MATERIAL PROVIDED:

++++++++++++++++++++

-- ===== src/Routes/Editing.antt =====
-- The edit lock at the route that saves an endpoint.
use schematica_api.ApiLinting.{Linter}
use schematica_api.Common.{
  String, ℕ, ◌+◌, ◌<◌, false, ◌≡◌, ◌≢◌, inl, inr, refl, some, List, All, ◌==◌, Bool-cases,
}
use schematica_api.Database.{Database, PrismaService}
use schematica_api.Endpoints.{UpdateEndpointDto}
use schematica_api.Exceptions.{Lock, Exception, ok, throw, error, forbidden}
use schematica_api.Guards.{lock_owner_guard}
use schematica_api.Locking.{LockingService, acquire_lock, is_locked_by}
use schematica_api.Locking.Calls.{Call, run, HasMap}
use schematica_api.Locking.Exclusion.{
  HeldByOther-closed, acquire_lock_refused_iff, IsQuiet, acquire_lock_exclusive,
}
use schematica_api.Routes.{owns_endpoint, put_endpoint}
use schematica_api.Exceptions.{Result-cases}
use schematica_api.User.{UserDto}

lock_owner_guard-locked :
    (endpoint_id : String) (user : UserDto) (t : ℕ) (locking : LockingService)
    → is_locked_by endpoint_id user.id t locking ≡ false
    → (e : Exception) × (lock_owner_guard (some endpoint_id) user t locking ≡ throw e)
unfolding lock_owner_guard
lock_owner_guard-locked endpoint_id user t locking closed = elim (Bool-cases (endpoint_id == "")) [
  | inl nameless ↦ (error "LockOwnerGuard expects an endpointId route parameter.", rw nameless refl)
  | inr named ↦ (
    forbidden "You must acquire a lock on this endpoint before you can save changes.",
    rw (named, closed) refl,
  )
]

put_endpoint-locked :
    (client : PrismaService) (spectral : Linter) (db : Database) (locking : LockingService) (t : ℕ)
    (user : UserDto) (project_id endpoint_id : String) (dto : UpdateEndpointDto) (now : String)
    → is_locked_by endpoint_id user.id t locking ≡ false
    → (e : Exception) × (put_endpoint client spectral db locking t user project_id endpoint_id dto
          now
        ≡ throw e)
unfolding put_endpoint
put_endpoint-locked client spectral db locking t user project_id endpoint_id dto now closed =
    elim (Result-cases (owns_endpoint client db user project_id endpoint_id)) [
      | inl (e, refused) ↦ (e, rw (put_endpoint, refused) refl)
      | inr (passed, owned) ↦
          let (e, refused) = lock_owner_guard-locked endpoint_id user t locking closed in
          (e, rw (put_endpoint, owned, refused) refl)
    ]

-- Once a user has acquired the lock of an endpoint, then after any calls of the locking service that
-- read the clock before its end, and in which the user does not release it, nobody else saves the
-- endpoint through its route before the end of the lock, whatever the state of the database.
pub put_endpoint_exclusive :
    (client : PrismaService) (spectral : Linter) (endpoint_id : String) (holder : UserDto)
    (checked since : ℕ) (s s' : LockingService) (lock : Lock) (cs : List Call) (t : ℕ)
    (db : Database) (other : UserDto) (project_id : String) (dto : UpdateEndpointDto) (now : String)
    → acquire_lock endpoint_id holder checked since s ≡ ok (s', lock)
    → HasMap s
    → All (IsQuiet endpoint_id holder.id since (since + s.lock_duration_ms)) cs
    → t < since + s.lock_duration_ms
    → other.id ≢ holder.id
    → (e : Exception) × (put_endpoint client spectral db
          (run s' cs)
          t
          other
          project_id
          endpoint_id
          dto
          now
        ≡ throw e)
put_endpoint_exclusive client spectral endpoint_id holder checked since s s' lock cs t db other
      project_id dto now acquired m quiet early apart =
    let (mine, theirs) =
      acquire_lock_exclusive endpoint_id holder checked since s s' lock cs t acquired m quiet
        early in
    let (l, own, refused) = theirs other t apart in
    put_endpoint-locked client spectral db (run s' cs) t other project_id endpoint_id dto now (
      HeldByOther-closed endpoint_id other t (run s' cs) l
        ((acquire_lock_refused_iff endpoint_id other t t (run s' cs) l).0 refused))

++++++++++++++++++++

PROBLEM DESCRIPTION: Write out every entry verbatim.

EXPECTED OUTPUT:
-- ===== src/Routes/Editing.antt =====
-- The edit lock at the route that saves an endpoint.
use schematica_api.ApiLinting.{Linter}
use schematica_api.Common.{
  String, ℕ, ◌+◌, ◌<◌, false, ◌≡◌, ◌≢◌, inl, inr, refl, some, List, All, ◌==◌, Bool-cases,
}
use schematica_api.Database.{Database, PrismaService}
use schematica_api.Endpoints.{UpdateEndpointDto}
use schematica_api.Exceptions.{Lock, Exception, ok, throw, error, forbidden}
use schematica_api.Guards.{lock_owner_guard}
use schematica_api.Locking.{LockingService, acquire_lock, is_locked_by}
use schematica_api.Locking.Calls.{Call, run, HasMap}
use schematica_api.Locking.Exclusion.{
  HeldByOther-closed, acquire_lock_refused_iff, IsQuiet, acquire_lock_exclusive,
}
use schematica_api.Routes.{owns_endpoint, put_endpoint}
use schematica_api.Exceptions.{Result-cases}
use schematica_api.User.{UserDto}

lock_owner_guard-locked :
    (endpoint_id : String) (user : UserDto) (t : ℕ) (locking : LockingService)
    → is_locked_by endpoint_id user.id t locking ≡ false
    → (e : Exception) × (lock_owner_guard (some endpoint_id) user t locking ≡ throw e)
unfolding lock_owner_guard
lock_owner_guard-locked endpoint_id user t locking closed = elim (Bool-cases (endpoint_id == "")) [
  | inl nameless ↦ (error "LockOwnerGuard expects an endpointId route parameter.", rw nameless refl)
  | inr named ↦ (
    forbidden "You must acquire a lock on this endpoint before you can save changes.",
    rw (named, closed) refl,
  )
]

put_endpoint-locked :
    (client : PrismaService) (spectral : Linter) (db : Database) (locking : LockingService) (t : ℕ)
    (user : UserDto) (project_id endpoint_id : String) (dto : UpdateEndpointDto) (now : String)
    → is_locked_by endpoint_id user.id t locking ≡ false
    → (e : Exception) × (put_endpoint client spectral db locking t user project_id endpoint_id dto
          now
        ≡ throw e)
unfolding put_endpoint
put_endpoint-locked client spectral db locking t user project_id endpoint_id dto now closed =
    elim (Result-cases (owns_endpoint client db user project_id endpoint_id)) [
      | inl (e, refused) ↦ (e, rw (put_endpoint, refused) refl)
      | inr (passed, owned) ↦
          let (e, refused) = lock_owner_guard-locked endpoint_id user t locking closed in
          (e, rw (put_endpoint, owned, refused) refl)
    ]

-- Once a user has acquired the lock of an endpoint, then after any calls of the locking service that
-- read the clock before its end, and in which the user does not release it, nobody else saves the
-- endpoint through its route before the end of the lock, whatever the state of the database.
pub put_endpoint_exclusive :
    (client : PrismaService) (spectral : Linter) (endpoint_id : String) (holder : UserDto)
    (checked since : ℕ) (s s' : LockingService) (lock : Lock) (cs : List Call) (t : ℕ)
    (db : Database) (other : UserDto) (project_id : String) (dto : UpdateEndpointDto) (now : String)
    → acquire_lock endpoint_id holder checked since s ≡ ok (s', lock)
    → HasMap s
    → All (IsQuiet endpoint_id holder.id since (since + s.lock_duration_ms)) cs
    → t < since + s.lock_duration_ms
    → other.id ≢ holder.id
    → (e : Exception) × (put_endpoint client spectral db
          (run s' cs)
          t
          other
          project_id
          endpoint_id
          dto
          now
        ≡ throw e)
put_endpoint_exclusive client spectral endpoint_id holder checked since s s' lock cs t db other
      project_id dto now acquired m quiet early apart =
    let (mine, theirs) =
      acquire_lock_exclusive endpoint_id holder checked since s s' lock cs t acquired m quiet
        early in
    let (l, own, refused) = theirs other t apart in
    put_endpoint-locked client spectral db (run s' cs) t other project_id endpoint_id dto now (
      HeldByOther-closed endpoint_id other t (run s' cs) l
        ((acquire_lock_refused_iff endpoint_id other t t (run s' cs) l).0 refused))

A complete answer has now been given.